Why does Siraj look like he's on the verge of having a breakdown
with 60,000 Images, what is the Time Taken to train with your recommended Deep Learning PC
Thanks dude
I Really appreciate your work
Could you please provide us with a video comparing tensorflow and pytorch?
Just use Google Colab, it's free and you can use the TPU!!!
Why don't you use AMD GPUs? For example, RX570/580. Have you tried ROCm?
Thanks for the cheapest but what about the best .
I want to warn everybody who is going to follow those recommendations and buy a gtx 1650.
4gb memory is absolutely not enough!
I used 1060ti with 6gb for a long time. I would say 6gb is often not enough. Some large models won't train even with batch_size=1.
Don't buy GPU with small memory, unless it is very cheap like 1060ti or 1650. Maybe 4gb is enough when you are just starting, but very shortly you are going to need more. Better wait until you are very sure you need one, and use free kaggle's and colab's GPUs.
IMHO the best choice in terms of power/price is 1080ti with 11gb memory. It is about 1.2-1.5 times slower than the most powerful GPUs (which are used on kaggle VMs), and is about 2 times cheaper.
Also, no other GPU have more than 12gb memory (except tesla v100, which costs like 10 1080ti's), so it's current top memory.

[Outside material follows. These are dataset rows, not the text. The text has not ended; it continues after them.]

-- ===== src/System/Log.antt =====
-- What each round of the wired program does with an event, and so every run of it.
use daemon_choir.Base.{Option, none, some, List, [], ◌∷◌, ◌++◌, get_elem?}
use daemon_choir.Float.{F64}
use daemon_choir.Config.{MappingRule}
use daemon_choir.Events.{RawEvent}
use daemon_choir.Metrics.{StateSnapshot}
use daemon_choir.Sync.{Sender, Receiver, TrySend}
use daemon_choir.Probes.{ProbeStats}
use daemon_choir.Aggregator.{Input}
use daemon_choir.Mapping.{MappedParam}
use daemon_choir.Db.{Sqlite}
use daemon_choir.System.Safety.{performs, Reach, here, then_step}
use daemon_choir.System.{
  System, Action, probe_sends, ringbuf_receives, aggregator_receives, aggregator_ticks,
}

-- The inputs of the aggregator's loop, a lost event among them; the events that the probes got into
-- their channel; the events that the ring buffer's task took out of it.
pub record Log : Type 0 where
  pub inputs : List Input
  pub delivered : List RawEvent
  pub handled : List RawEvent

abbrev pub quiet : Log
quiet = record { inputs = []; delivered = []; handled = [] }

-- one log behind another
abbrev pub joined : Log → Log → Log
joined l m = record {
  inputs = l.inputs ++ m.inputs;
  delivered = l.delivered ++ m.delivered;
  handled = l.handled ++ m.handled;
}

-- what a probe's event is to the others, on each result of `try_send`
abbrev pub sent_log : TrySend → RawEvent → Log
sent_log TrySend.sent event = record { inputs = []; delivered = event ∷ []; handled = [] }
sent_log TrySend.full event = record {
  inputs = Input.event_lost ∷ [];
  delivered = [];
  handled = [];
}
sent_log TrySend.closed event = record {
  inputs = Input.event_lost ∷ [];
  delivered = [];
  handled = [];
}

abbrev pub input_log : Input → Log
input_log i = record { inputs = i ∷ []; delivered = []; handled = [] }

abbrev pub probe_log : Option ProbeStats → TrySend → RawEvent → Log
probe_log none t event = quiet
probe_log (some p) t event = sent_log t event

module _ {Raw : Type 0} where
  abbrev pub handled_log : Option (RawEvent × Raw) → Log
  handled_log none = quiet
  handled_log (some (event, raw)) = record { inputs = []; delivered = []; handled = event ∷ [] }

  abbrev pub received_log : Option (RawEvent × Raw) → Log
  received_log none = quiet
  received_log (some (event, raw)) = input_log (Input.received event)

module _ {F Raw Snap Par Packet Conn : Type 0} ⦃f : F64 F⦄ ⦃raw_tx : Sender RawEvent Raw⦄
    ⦃raw_rx : Receiver RawEvent Raw⦄ where
  abbrev pub round_log : System F Raw Snap Par Packet Conn → Action F Packet → Log
  round_log s (probe_sends i event now_us) =
      probe_log (get_elem? s.app.probes_stats i) (raw_tx.try_send s.raw event).0 event
  round_log s ringbuf_receives = handled_log (raw_rx.recv s.raw)
  round_log s aggregator_receives = received_log (raw_rx.recv s.consumer.aggregator_tx)
  round_log s (aggregator_ticks now_us) = input_log (Input.tick now_us)
  round_log s _ = quiet

  module _ ⦃snap_tx : Sender (StateSnapshot F) Snap⦄ ⦃snap_rx : Receiver (StateSnapshot F) Snap⦄
      ⦃par_tx : Sender (List (MappedParam F)) Par⦄
      ⦃par_rx : Receiver (List (MappedParam F)) Par⦄ where
    -- the log of a run, whatever the order of its rounds
    abbrev pub run_log :
        {sql : Sqlite F Conn} {Good : MappingRule F → Type 0}
        {s t : System F Raw Snap Par Packet Conn}
        → Reach sql Good s t
        → Log
    run_log here = quiet
    run_log (then_step {t} r (performs a ok e)) = joined (run_log r) (round_log t a)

I would also notice that the amount of cards matters. You can always buy 2-4 of 1080ti's, and gain 2-4x speedup (you would often train multiple models at a time). So even if you are buying just one GPU, better choose motherboard that supports >1, for the future.
Second best GPU I would say is 2080ti. But it is rather expensive now.
My own workstation for now has 2 cards: 1060ti + 1080ti. The whole computer costed me about $2000.
In the future im gonna add another 1080ti (or maybe 2080ti if it gets cheaper, or I feel richer 🙂
Interesting content
Your little quip about Skynet around 2:15 almost made me spit out my breakfast through my nose. Keep these videos coming!
Great one for cuda optimised c
Am I the only one who came here just to view the comments 😂😂
Thank god, the title doesn't say "Cheapest Deep Learning Course in 2020"
Great one for cuda optimised c
hey can I use rx 580 instead gtx 1650?
AWS
SK Hynix, are the guys whom sell ram to other brands.